Let’s say we have `in_features=2`

, `n=2`

, `out_features=1`

, `batch=1`

. Then we have an input like `[1, 4]`

and we need an output like `[1, 2]`

. Then

`big_lin = nn.Linear(4, 2, bias=False)`

big_lin.weight.data.shape # [2, 4]

That is; `big_lin.weight.data[0]`

is for calculating the first output, and `big_lin.weight.data[1]`

is for calculating the second output. And `big_lin.weight.data[:, :2]`

is for calculating from the first 2 inputs, and `big_lin.weight.data[:, 2:]`

is for calculating from the second 2 inputs.

So if the weight matrix looks like this

` x_0 x_1 x_2 x_3`

x_4 x_5 x_6 x_7

then setting it to

` x_0 x_1 0 0`

0 0 x_6 x_7

means that `x_0`

and `x_1`

will use the first two inputs for the first output, and `x_6`

and `x_7`

will used the second two inputs for the second output. And it doesn’t use anything else for calculating anything else.

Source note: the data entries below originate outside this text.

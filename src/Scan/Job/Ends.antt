-- ===== src/Scan/Job/Ends.antt =====
-- No frame that pump_frame of src/pantum.c deals with ends with the status EOF.

use pantum_open.Base.{
  ℕ, zero, suc, ◌/◌, ◌+◌, ◌*◌, ◌^◌, ◌%◌, ◌≡◌, refl, Bool, true, not, ◌||◌, ◌&&◌, none, List, drop,
  ltb, leb, ◌==◌, if◌then◌else◌, if-cases,
}
use pantum_open.Wire.{get_be32}
use pantum_open.Scan.Status.{Status, good, io_error}
use pantum_open.Scan.Usb.{Wire, timeout_read}
use pantum_open.Scan.Frame.{
  Frame, Got, ended, idle, arrived, if_good-cases, settings_len, recv_frame,
}
use pantum_open.Scan.Window.{source_is_adf}
use pantum_open.Scan.Handle.{OutQueue, Handle}
use pantum_open.Scan.Image.{
  is_rgb, data_header_len, data_jpeg, rewind, compact, grow_out, out_fuel, need_for, regrow,
  out_reserve, white_row, white_rows, emit_white_rows, place_row, place_rows, store_rows, read_rows,
  check_block, handle_data_block,
}
use pantum_open.Scan.Session.{evt_aborted, evt_job_end}
use pantum_open.Scan.Job.Pump.{
  Env, Pumping, pumped, evt_data, evt_settings, evt_page_end, log_settings_echo, on_aborted,
  on_job_end, on_page_end, on_data, on_settings, on_other, dispatch, pump_frame,
}
use pantum_open.Scan.Job.Statuses.{
  NotEof, good-NotEof, io_error-NotEof, no_mem-NotEof, unsupported-NotEof, status_or-NotEof,
  usb_read-NotEof, drain_payload-NotEof, recv_frame-Proper,
}

record Well {A : Type 0} (r : Status × A) : Type 0 where
  ok : NotEof r.0

record WellWire (r : Status × Handle × Wire) : Type 0 where
  ok : NotEof r.0

well_wire : {st : Status} {h : Handle} {w : Wire} → NotEof st → WellWire (st, h, w)
well_wire n = record { ok = n }

well : {A : Type 0} {st : Status} {a : A} → NotEof st → Well (st, a)
well n = record { ok = n }

module _ (env : Env) where
  regrow-NotEof : (extra : ℕ) (q : OutQueue) → Well (regrow env.can_alloc extra q)
  unfolding regrow
  regrow-NotEof extra q =
      if-cases Well (env.can_alloc (grow_out out_fuel q.capacity (need_for q extra))) _ _
        (λ a. well good-NotEof) (λ a. well no_mem-NotEof)

  out_reserve-Well : (extra : ℕ) (q : OutQueue) → Well (out_reserve env.can_alloc extra q)
  unfolding out_reserve
  out_reserve-Well extra q =
      let q1 : OutQueue = rewind q in
      let q2 : OutQueue = compact q1 in
      if-cases Well (leb (need_for q1 extra) q1.capacity) _ _ (λ a. well good-NotEof)
        (λ a.
          if-cases Well (q1.pos == 0) _ _ (λ b. regrow-NotEof extra _)
            (λ b.
              if-cases Well (leb (need_for q2 extra) q2.capacity) _ _ (λ c. well good-NotEof)
                (λ c. regrow-NotEof extra _)))

  out_reserve-NotEof : (extra : ℕ) (q : OutQueue) → NotEof (out_reserve env.can_alloc extra q).0
  out_reserve-NotEof extra q = (out_reserve-Well extra q).ok

  white_row-NotEof : (h : Handle) → Well (white_row env.can_alloc env.garbage env.dither_mask h)
  unfolding white_row
  white_row-NotEof h =
      if_good-cases Well _ _ _ (λ g. well good-NotEof)
        (λ n. well (out_reserve-NotEof h.params.bytes_per_line h.out))

  white_rows-NotEof :
      (fuel upto : ℕ) (h : Handle)
      → Well (white_rows env.can_alloc env.garbage env.dither_mask fuel upto h)
  unfolding white_rows
  white_rows-NotEof zero upto h = well good-NotEof
  white_rows-NotEof (suc fuel) upto h =
      if-cases Well (ltb h.next_row upto && ltb h.next_row h.params.lines) _ _
        (λ a.
          if_good-cases Well _ _ _ (λ g. white_rows-NotEof fuel upto _)
            (λ n. well (white_row-NotEof h).ok))
        (λ a. well good-NotEof)

  emit_white_rows-NotEof :
      (upto : ℕ) (h : Handle)
      → Well (emit_white_rows env.can_alloc env.garbage env.dither_mask upto h)
  unfolding emit_white_rows
  emit_white_rows-NotEof upto h = white_rows-NotEof upto upto h

  place_row-NotEof :
      (first : ℕ) (src : List ℕ) (avail row : ℕ) (h : Handle)
      → Well (place_row env.can_alloc env.garbage env.dither_mask first src avail row h)
  unfolding place_row
  place_row-NotEof first src avail row h =
      if-cases Well (ltb row first || ltb row h.next_row || leb h.params.lines row) _ _
        (λ a. well good-NotEof)
        (λ a.
          if_good-cases Well _ _ _ (λ g. well good-NotEof)
            (λ n. well (out_reserve-NotEof h.params.bytes_per_line h.out)))

  place_rows-NotEof :
      (left first stride : ℕ) (raw : List ℕ) (avail i : ℕ) (h : Handle)
      → Well (place_rows env.can_alloc env.garbage env.dither_mask left first stride raw avail i h)
  unfolding place_rows
  place_rows-NotEof zero first stride raw avail i h = well good-NotEof
  place_rows-NotEof (suc left) first stride raw avail i h =
      if_good-cases Well _ _ _ (λ g. place_rows-NotEof left first stride raw avail (i + 1) _)
        (λ n.
          well (place_row-NotEof first (drop (i * stride) raw) avail ((first + i) % 2 ^ 32) h).ok)

  store_rows-NotEof :
      (first rows stride : ℕ) (raw : List ℕ) (avail : ℕ) (h : Handle)
      → Well (store_rows env.can_alloc env.garbage env.dither_mask first rows stride raw avail h)
  unfolding store_rows
  store_rows-NotEof first rows stride raw avail h =
      if_good-cases Well _ _ _ (λ g. place_rows-NotEof rows first stride raw avail 0 _)
        (λ n. well (emit_white_rows-NotEof _ h).ok)

  read_rows-NotEof :
      (first rows avail body : ℕ) (h : Handle) (w : Wire)
      → WellWire
          (read_rows env.can_alloc env.garbage env.dither_mask env.device first rows avail body h w)
  unfolding read_rows
  read_rows-NotEof first rows avail body h w =
      if-cases WellWire (ltb h.raw_cap body && not (env.can_alloc body)) _ _
        (λ a. well_wire no_mem-NotEof)
        (λ a.
          if_good-cases WellWire _ _ _
            (λ g. well_wire (store_rows-NotEof first rows (body / rows) _ avail _).ok)
            (λ n. well_wire (usb_read-NotEof env.device body timeout_read w)))

  check_block-NotEof :
      (head : List ℕ) (body : ℕ) (h : Handle) (w : Wire)
      → WellWire (check_block env.can_alloc env.garbage env.dither_mask env.device head body h w)
  unfolding check_block
  check_block-NotEof head body h w =
      let rows : ℕ = get_be32 (drop 8 head) in
      let planes : ℕ = get_be32 (drop 12 head) in
      let want_planes : ℕ = if is_rgb h.params.format then 3 else 1 in
      if-cases WellWire (get_be32 head == data_jpeg) _ _ (λ a. well_wire unsupported-NotEof)
        (λ a.
          if-cases WellWire (rows == 0 || planes == 0 || ltb (body / rows) planes) _ _
            (λ b. well_wire io_error-NotEof)
            (λ b.
              if-cases WellWire (not (planes == want_planes)) _ _ (λ c. well_wire io_error-NotEof)
                (λ c. read_rows-NotEof _ _ _ body h w)))

  handle_data_block-NotEof :
      (plen : ℕ) (h : Handle) (w : Wire)
      → WellWire (handle_data_block env.can_alloc env.garbage env.dither_mask env.device plen h w)
  unfolding handle_data_block
  handle_data_block-NotEof plen h w =
      if-cases WellWire (ltb plen data_header_len) _ _ (λ a. well_wire io_error-NotEof)
        (λ a.
          if_good-cases WellWire _ _ _ (λ g. check_block-NotEof _ _ h _)
            (λ n. well_wire (usb_read-NotEof env.device data_header_len timeout_read w)))

  log_settings_echo-NotEof : (plen : ℕ) (w : Wire) → Well (log_settings_echo env plen w)
  unfolding log_settings_echo
  log_settings_echo-NotEof plen w =
      if-cases Well (not (plen == settings_len) || ltb env.dbg_level 2) _ _
        (λ a. well (drain_payload-NotEof env.device plen timeout_read w))
        (λ a. if_good-cases Well _ _ _ (λ g. well good-NotEof) (λ n. well io_error-NotEof))

  abbrev Plain : Pumping → Type 0
  Plain r = NotEof r.0.status

  dispatch-NotEof :
      (reports : Bool) (f : Frame) (h : Handle) (w : Wire) → Plain (dispatch env reports f h w)
  unfolding dispatch on_data on_aborted on_job_end on_page_end on_settings on_other
  dispatch-NotEof reports f h w =
      if-cases Plain (f.cmd == evt_data) _ _ (λ a. (handle_data_block-NotEof f.plen h w).ok)
        (λ a.
          if-cases Plain (f.cmd == evt_aborted) _ _
            (λ b.
              if-cases Plain reports _ _ (λ c. good-NotEof)
                (λ c. status_or-NotEof io_error f.status io_error-NotEof))
            (λ b.
              if-cases Plain (f.cmd == evt_job_end) _ _
                (λ c. (emit_white_rows-NotEof h.params.lines h).ok)
                (λ c.
                  if-cases Plain (f.cmd == evt_page_end) _ _
                    (λ d.
                      if-cases Plain (source_is_adf h.settings) _ _
                        (λ e. (emit_white_rows-NotEof h.params.lines h).ok) (λ e. good-NotEof))
                    (λ d.
                      if-cases Plain (f.cmd == evt_settings) _ _
                        (λ e. (log_settings_echo-NotEof f.plen w).ok)
                        (λ e. drain_payload-NotEof env.device f.plen timeout_read w)))))

  pub pump_frame-NotEof :
      (probe reports : Bool) (h : Handle) (w : Wire) → Plain (pump_frame env probe reports h w)
  unfolding pump_frame
  pump_frame-NotEof probe reports h w =
      step g.0 (λ st e. recv_frame-Proper env.device timeout_read probe w st e)
    where
      g : Got × Wire
      g = recv_frame env.device timeout_read probe w

      step :
          (got : Got)
          → ((st : Status) → got ≡ ended st → NotEof st)
          → Plain (elim got [
            | ended st ↦ (pumped st, h, g.1)
            | idle ↦ (record { status = good; idle = true; aborted = none }, h, g.1)
            | arrived f ↦ dispatch env reports f h g.1
          ])
      step (ended st) n = n st refl
      step idle n = good-NotEof
      step (arrived f) n = dispatch-NotEof reports f h g.1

As you might imagine, as these sizes get bigger, we have a mostly sparse matrix. This is why the memory cost will go up dramatically. Sparse matrix multiplication algorithms are a hairy topic that we’re not going to look at or use. We’re just interested in getting at least the performance of the `big_lin`

.

**We’re not done, though…**

We can easily create a linear layer that has weights with 0s in the correct locations, but the optimiser won’t keep them as 0. So, instead of having the weights be 0, we have to make sure we mask out the part that we don’t like before using the weights (only matters during training).

**Ok, now we’re done.**

**How much faster is it?**

Let’s call the 1024->1024 big linear case A.

Let’s call the 32x (32->32) multiple small linear case B.

Let’s call this new layer case C.

I did some timing comparison to see how much of a difference it actually makes. Playing around with the numbers on my machine, if I choose

B <= 128,

in_size = 1024

n_l = 32

out_size = 1024

Then it’s more than 10x faster for case A or C than case B.

As `B`

increases, the performance gap decreases.

If I choose `B`

= 2048, then it’s only 1.5x faster to do case A than B.

As `n_l`

decreases, the performance of of case B improves dramatically.

If I choose `n_l`

<= 8, then it’s faster to do case B.

As `in_size`

increases, the performance gap decreases

If I choose `in_size`

= 8096, then it’s ~2.5x faster to do case A than B. Only ~1.5x faster to do case C than B.

If I choose `in_size`

= 256, then it’s ~18x faster to do case A or C than B.

As `out_size`

increases, the performance gap decreases

If I choose `out_size`

= 8096, then it’s ~2.5x faster to do case A than B. Only ~1.5x faster to do case C than B.

If I choose `out_size`

= 256, then it’s 18x faster to do case A or C than B.

**Conclusion**

It might be useful to someone, and was fun to work out.